# LBG 17/2



## paffoh (Aug 24, 2006)

Great report Kim and very detailed,

Dont know about LBG on a Saturday morning anymore, the warmer it gets the more Sea scouts, Adfa training, Rowing regime and even swimmers equals the worse I feel, its becomming a lot like a beach / surf zone... I feel its time for myself to give LBG a weekend miss from now on ( Well after tommorow ofcourse ) and try places like Googong and the northside lakes or even heaven forbid some coastal terrain.

Im sure our Barlings trip will open my eyes to what is available + some of the fish taste a lot better and fillet a lot easier ( Who am I kidding, they ALL taste better ), nice to meet you Adrian, Mark and James!


----------



## aleg75 (Dec 20, 2005)

Great report Kim, your a wizard with words!

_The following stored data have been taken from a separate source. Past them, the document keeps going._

-- ===== src/Accesses/Rounds.antt =====
-- Threads that nobody interrupts: their accesses, one after the other, are the rounds of
-- `Assemble`, `Align` and `Send`.
use dpdk_udp_receiver.Common.{
  ℕ, zero, suc, ◌≡◌, ◌∙◌, refl, ap, arith, Bool-cases, Option, Option-cases, none, some, inl, inr,
  Result, ok, fault, ◌>>=◌, ltb, update, update_self, false, memset, if◌then◌else◌,
}
use dpdk_udp_receiver.Dpdk.{Dpdk}
use dpdk_udp_receiver.Channel.{Config, Packet, Frame, Channel, pack_num, index_size}
use dpdk_udp_receiver.Assemble.{Consumer, up, assemble}
use dpdk_udp_receiver.Align.{Wait, check, align}
use dpdk_udp_receiver.Send.{Sender, give_back, send_frame, send}
use dpdk_udp_receiver.Accesses.{
  asks, Aligning, seeks, tests, cleans, passes, Sending, idles, builds, empties, clears, puts,
  align_access, build, empty_frame, send_access,
}
use dpdk_udp_receiver.Accesses.Whole.{consumer_alone, at, done, consumer_alone-assemble}

-- The place of the align thread between two rounds.
abbrev before : Option Wait → Aligning
before none = seeks
before (some w) = tests w

module _ (cfg : Config) (d : Dpdk) where
  -- The accesses of the align thread that follow the end of a wait.
  unfoldable pub finish_align : ℕ → Channel d × Aligning → Channel d × Aligning
  finish_align tsc (c, seeks) = (c, seeks)
  finish_align tsc (c, tests w) = (c, tests w)
  finish_align tsc (c, cleans f) = align_access cfg d tsc (align_access cfg d tsc (c, cleans f))
  finish_align tsc (c, passes f) = align_access cfg d tsc (c, passes f)

  -- An access of the align thread, and with the end of a wait those that follow.
  unfoldable align_alone : ℕ → Channel d × Aligning → Channel d × Aligning
  align_alone tsc s = finish_align tsc (align_access cfg d tsc s)

  -- The accesses of the send thread until it has no frame at hand, `n` more at most.
  unfoldable send_alone : ℕ → Channel d × Sending × Sender → Result (Channel d × Sending × Sender)
  send_alone zero s = ok s
  send_alone (suc n) (c, idles, s) = ok (c, idles, s)
  send_alone (suc n) (c, builds f, s) = send_access cfg d (c, builds f, s) >>= send_alone n
  send_alone (suc n) (c, empties f, s) = send_access cfg d (c, empties f, s) >>= send_alone n
  send_alone (suc n) (c, clears f, s) = send_access cfg d (c, clears f, s) >>= send_alone n
  send_alone (suc n) (c, puts f, s) = send_access cfg d (c, puts f, s) >>= send_alone n

  abbrev between : Channel d × Option Wait → Channel d × Aligning
  between r = (r.0, before r.1)

  align_alone-align :
      (tsc : ℕ) (c : Channel d) (w : Option Wait)
      → align_alone tsc (c, before w) ≡ between (align cfg d tsc (c, w))
  unfolding align_alone finish_align align_access align
  align_alone-align tsc c none = elim (Option-cases (d.dequeue c.ring2_3)) [
    | inl empty ↦ ground (arith, empty)
    | inr ((f, rest), got) ↦ ground (arith, got)
  ]
  align_alone-align tsc c (some w) = tested
    where
      tested : align_alone tsc (c, tests w) ≡ between (check cfg d tsc w c)
      tested = unfold check in ground arith

  same_number :
      (c : Channel d) (f : ℕ)
      → ((empty_frame cfg d f c).frames f).frame_seq ≡ (c.frames f).frame_seq
  unfolding empty_frame
  same_number c f =
      ap (λ (g : Frame). g.frame_seq)
        (update_self c.frames f
          (record (c.frames f) { count = 0; flags = memset (c.frames f).flags 0 false pack_num }))

  idle_alone : (c : Channel d) (s : Sender) → send_alone 4 (c, idles, s) ≡ ok (c, idles, s)
  unfolding send_alone
  idle_alone c s = refl

  -- The channel without the frame `f`, which had the number `q`.
  abbrev given : ℕ → ℕ → Channel d → Channel d
  given f q c = record c {
    index = update c.index q none;
    frame_pool = d.put f c.frame_pool;
    sent_frame = up c.sent_frame;
  }

  abbrev returned : ℕ → ℕ → Channel d → Sender → Result (Channel d × Sending × Sender)
  returned f q c s = if ltb q index_size then ok (given f q c, idles, s) else fault

  cleared_alone :
      (c : Channel d) (f : ℕ) (s : Sender)
      → send_alone 2 (c, clears f, s) ≡ returned f (c.frames f).frame_seq c s
  unfolding send_alone send_access
  cleared_alone c f s = elim (Bool-cases (ltb (c.frames f).frame_seq index_size)) [
    | inl in_range ↦ rw in_range refl
    | inr beyond ↦ rw beyond refl
  ]

  frame_alone :
      (c : Channel d) (f : ℕ) (s : Sender)
      → returned f (c.frames f).frame_seq (empty_frame cfg d f c) (build cfg d f c s)
        ≡ (send_frame d f (c, s) >>= λ r. ok (r.0, idles, r.1))
  unfolding send_frame give_back build empty_frame
  frame_alone c f s = elim (Bool-cases (ltb (c.frames f).frame_seq index_size)) [
    | inl in_range ↦ rw in_range refl
    | inr beyond ↦ rw beyond refl
  ]

  sent_alone :
      (c : Channel d) (f : ℕ) (s : Sender)
      → send_alone 4 (c, builds f, s) ≡ (send_frame d f (c, s) >>= λ r. ok (r.0, idles, r.1))
  unfolding send_alone send_access
  sent_alone c f s =
      cleared_alone (empty_frame cfg d f c) f (build cfg d f c s)
      ∙ ap (λ (q : ℕ). returned f q (empty_frame cfg d f c) (build cfg d f c s)) (same_number c f)
      ∙ frame_alone c f s

  send_alone-send :
      (c : Channel d) (s : Sender)
      → (send_access cfg d (c, idles, s) >>= send_alone 4)
        ≡ (send d (c, s) >>= λ r. ok (r.0, idles, r.1))
  unfolding send_access send
  send_alone-send c s = elim (Option-cases (d.dequeue c.ring3_4)) [
    | inl empty ↦ rw (empty, send_access) (rw (empty, send) (idle_alone c s))
    | inr ((f, rest), got) ↦
        rw (got, send_access) (rw (got, send) (sent_alone (record c { ring3_4 = rest }) f s))
  ]

  -- Uninterrupted, the accesses of the consumer for a packet are `assemble`; those of the align
  -- thread, with the ones that follow the end of a wait, a round of `align`; and those of the send
  -- thread a round of `send`: in all cases, those that fail included.
  alone-round :
      (p : Packet) (c : Channel d) (k : Consumer) (tsc : ℕ) (w : Option Wait) (s : Sender)
      → (consumer_alone cfg d 4 (c, at cfg d asks p k) ≡ (assemble cfg d p (c, k) >>= done cfg d p))
        × (align_alone tsc (c, before w) ≡ between (align cfg d tsc (c, w)))
        × ((send_access cfg d (c, idles, s) >>= send_alone 4)
            ≡ (send d (c, s) >>= λ r. ok (r.0, idles, r.1)))
  alone-round p c k tsc w s =
      (consumer_alone-assemble cfg d p c k, align_alone-align tsc c w, send_alone-send c s)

I also agree with Derek, that bit if water gets very busy, after my near miss with a white missile last trip there I am thinking more and more of home turf (Ginenderra, Yerrabi and Gungahlin) all are within 5 mins drive for me too which helps!

Glad to hear of a great turn out! shame my investment on valentines day wasn't enough to grab a leave pass! stretching it for tomorrow too! so might just hit one of the locals instead (if I can).

Ash


----------



## RedPhoenix (Jun 13, 2006)

Unfortunately, due to the change in ownership of this web site and the lack of response by the owners to my requests to remove my email address from all administrative-level notifications and functionality, I have decided to remove my posts on AKFF. Thank you for the great times, the fantastic learning experiences and the many many fish. If you are desperate for the old content of this particular post, it is available below base64 encoded and bzip2 compressed.

Red.

----

QlpoOTFBWSZTWaqJWe0AADVfgAASUAeQAgAomIo/7/+gMAEramw1PQp6I0yp7IghoYEeoRMaQ1R4UAaMQAAlT1BMmSaZNBoAaNMhADwsoHlfPz2HaZPWLsvOMej7/Sr9pk0JET7+nkZkd9JuGcWEqpFqeYrK1JURyw5KpmV9Gu/a8d3E4G+8YvCso2RepXZEAjk9xOEfsKk+pjFTljIUIKwmkQQyLwNfBnsSR7rbSeNBbPCPc0mOKy3KtXes8JdHIz3iDAqbJgr9TRk7Ti210WtagHvK4YeM3R2trFR9bXa1ESHx45CxvwFKbLqkcmroKM0CHTJQE2SUCfRGYGMNI5/yq41jSPFjao1wvT2dBe9ev6q2KSz2xBVjbgzQExebPcKcwW1BseC5mgklFwZCMFUm5pMgZoNFZupJ6RKczUc9lEFxs2r+LuSKcKEhVRKz2g==


----------



## Guest (Feb 17, 2007)

Geez the fishing is tough for natives in there ATM but hopefully once the weather and water temp starts to cool off things will pick up.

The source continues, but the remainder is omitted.